There is a good truth in there, and yet …  Well for a start off that is true if you have reached the enviable position of being paid by the word, but he uses both words saying he does not use them. I have a vision of Mark Twain's shade laughing himself sick at all the earnest scholars quoting him, "You fools, it's an oxymoron."  Somehow that strikes me as just like his sense of humour.


----------



## Olly Buckle (Feb 23, 2019)

Now comes the big question: What are you going to write about? And the equally big answer: Anything you damn well want.” 
― Stephen King.


----------



## escorial (Feb 23, 2019)

grammars a tool not a law...pessoa


----------



## Amnesiac (Feb 24, 2019)

Indeed, grammar is a tool, however, commas are important. It's the difference between:
"Let's eat grandma!" and, "Let's eat, grandma!"
:biggrin:


----------



## bazz cargo (Feb 24, 2019)

For sage advice try the Writers and Artists Yearbook.


----------



## Olly Buckle (Feb 24, 2019)

bazz cargo said:


> For sage advice try the Writers and Artists Yearbook.
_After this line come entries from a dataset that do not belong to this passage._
-- ===== src/Reminder/Next/Fields.antt =====
-- Where the helpers of `Next` land, in a zone whose clocks are never changed: on which local day, and
-- at the time of day that they were given.
use native.Mathlib.Decide.{dec_lt}
use sajni_api.Prelude.{ℕ, suc, ◌+◌, ◌-◌, ◌*◌, ◌≤◌, ◌<◌, min, ◌≡◌, arith, if◌then◌else◌}
use sajni_api.Prelude.Int.{pos, ltb_ℤ}
use sajni_api.Calendar.{year, month, date, day_of_month, month_length, month_index, month_start}
use sajni_api.Calendar.Months.{month_start-suc, month_length_bounds}
use sajni_api.Calendar.Civil.{
  month_index-eq, month_index-date, month_days-eq, day_in_month, date-fields, month_index_mono,
}
use sajni_api.Calendar.Zone.{Zone, IsSteady, local_day, clock, at, day_length}
use sajni_api.Reminder.Rule.{days_in_month}
use sajni_api.Reminder.Next.{add_date, date_ℤ, local_date_time}

-- `t` is on local day `d`, at time of day `time`.
pub record IsAt (zone : Zone) (d time t : ℕ) : Type 0 where
  pub on_day : local_day zone t ≡ d
  pub at_time : clock zone t ≡ time

pub clock-lt : (zone : Zone) (t : ℕ) → clock zone t < day_length
unfolding clock
clock-lt zone t = omega arith

pub at-IsAt :
    (zone : Zone) (d time : ℕ)
    → IsSteady zone
    → 1 ≤ d
    → time < day_length
    → IsAt zone d time (at zone d time)
unfolding at local_day clock
at-IsAt zone d time steady h lt =
    let w = steady.wall-instant (d * day_length + time) (omega arith) in
    record { on_day = rw w (omega arith); at_time = rw w (omega arith) }

n-zero : (n m : ℕ) → m + n - 0 ≡ m + n
n-zero n m = omega arith

pub add_date-IsAt :
    (zone : Zone) (t n : ℕ)
    → IsSteady zone
    → 1 ≤ local_day zone t
    → IsAt zone (local_day zone t + n) (clock zone t) (add_date zone t (pos n))
unfolding add_date
add_date-IsAt zone t n steady h =
    rw n-zero
      (at-IsAt zone (local_day zone t + n) (clock zone t) steady (omega arith) (clock-lt zone t))

-- The last day of a month, by its year and its place in the year.
pub days_in_month-eq : (y m : ℕ) → 1 ≤ y → 1 ≤ m → m ≤ 12 → days_in_month y m ≡ month_length y m
unfolding days_in_month date day_of_month
days_in_month-eq y m hy lo hi =
    let k : ℕ = y * 12 + m - 1 in
    let ends = month_start-suc k (omega arith) in
    let days = month_days-eq y m lo hi in
    let most = month_length_bounds y m in
    let same : y * 12 + (m + 1) - 1 ≡ suc k = omega arith in
    let here : month_index (month_start (suc k) + 0 - 1) ≡ k =
      month_index-eq k (month_start (suc k) + 0 - 1) (omega arith) (omega arith) (omega arith) in
    rw (same, here) (omega arith)

-- A day of month `m` of year `y`, the last one if the month is shorter.
unfoldable pub clamped : ℕ → ℕ → ℕ → ℕ
clamped y m d = date y m (min d (month_length y m))

clamp_same :
    (y m d : ℕ)
    → date_ℤ y m (if ltb_ℤ (pos (month_length y m)) (pos d) then pos (month_length y m) else pos d)
      ≡ clamped y m d
unfolding clamped date
clamp_same y m d = ground arith

pub local_date_time-IsAt :
    (zone : Zone) (y m d clock_of : ℕ)
    → IsSteady zone
    → 1 ≤ y
    → 1 ≤ m
    → m ≤ 12
    → 1 ≤ d
    → 1 ≤ clamped y m d
    → IsAt zone (clamped y m d) (clock zone clock_of) (local_date_time zone y m (pos d) clock_of)
unfolding local_date_time clamped date
local_date_time-IsAt zone y m d clock_of steady hy lo hi hd late =
    let length_is = days_in_month-eq y m hy lo hi in
    let same : date_ℤ y m
          (if ltb_ℤ (pos (days_in_month y m)) (pos d) then pos (days_in_month y m) else pos d)
        ≡ clamped y m d =
      rw length_is (clamp_same y m d) in
    rw same
      (at-IsAt zone (clamped y m d) (clock zone clock_of) steady late (clock-lt zone clock_of))

pub month_index-clamped :
    (y m d : ℕ) → 1 ≤ y → 1 ≤ m → m ≤ 12 → 1 ≤ d → month_index (clamped y m d) ≡ y * 12 + m - 1
unfolding clamped
month_index-clamped y m d hy lo hi hd =
    let most = month_length_bounds y m in
    month_index-date y m (min d (month_length y m)) hy lo hi (omega arith) (omega arith)

-- A day of a later month is later.
pub later_month-lt : (a b : ℕ) → month_index a < month_index b → a < b
later_month-lt a b h = elim (dec_lt a b) [
  | yes lt ↦ lt
  | no ge ↦ absurd (omega (arith, month_index_mono b a (omega arith)))
]

pub clamped-fields : (n : ℕ) → clamped (year n) (month n) (day_of_month n) ≡ n
unfolding clamped
clamped-fields n =
    let same : min (day_of_month n) (month_length (year n) (month n)) ≡ day_of_month n =
      omega (arith, day_in_month n) in
    rw same (date-fields n)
True, however it is the minority of the book, most of it is listings of publications, agents and such which barely changes year to year. It is a huge and expensive book, the sections of advice mostly don't go out of date, and there are people who get it every year, so well worth looking out for in charity shops.
Back to quotations,
Spellings are made by people. Dictionaries - eventually - reflect popular choices. David Crystal


----------



## Amnesiac (Feb 26, 2019)

"I like eating my friends and painting." versus "I like eating, my friends, and painting."

In the first example, Dahmer happens to be snacking on someone's arm whilst painting a beautiful sunset.


----------



## Terry D (Feb 26, 2019)

My favorite Twain quote about writing:

"The difference between the right word and the almost right word, is the difference between lightning and a lightning bug."


----------



## Olly Buckle (Feb 27, 2019)

this is the intro to ch 48 of Mansfield park, Jane Austen.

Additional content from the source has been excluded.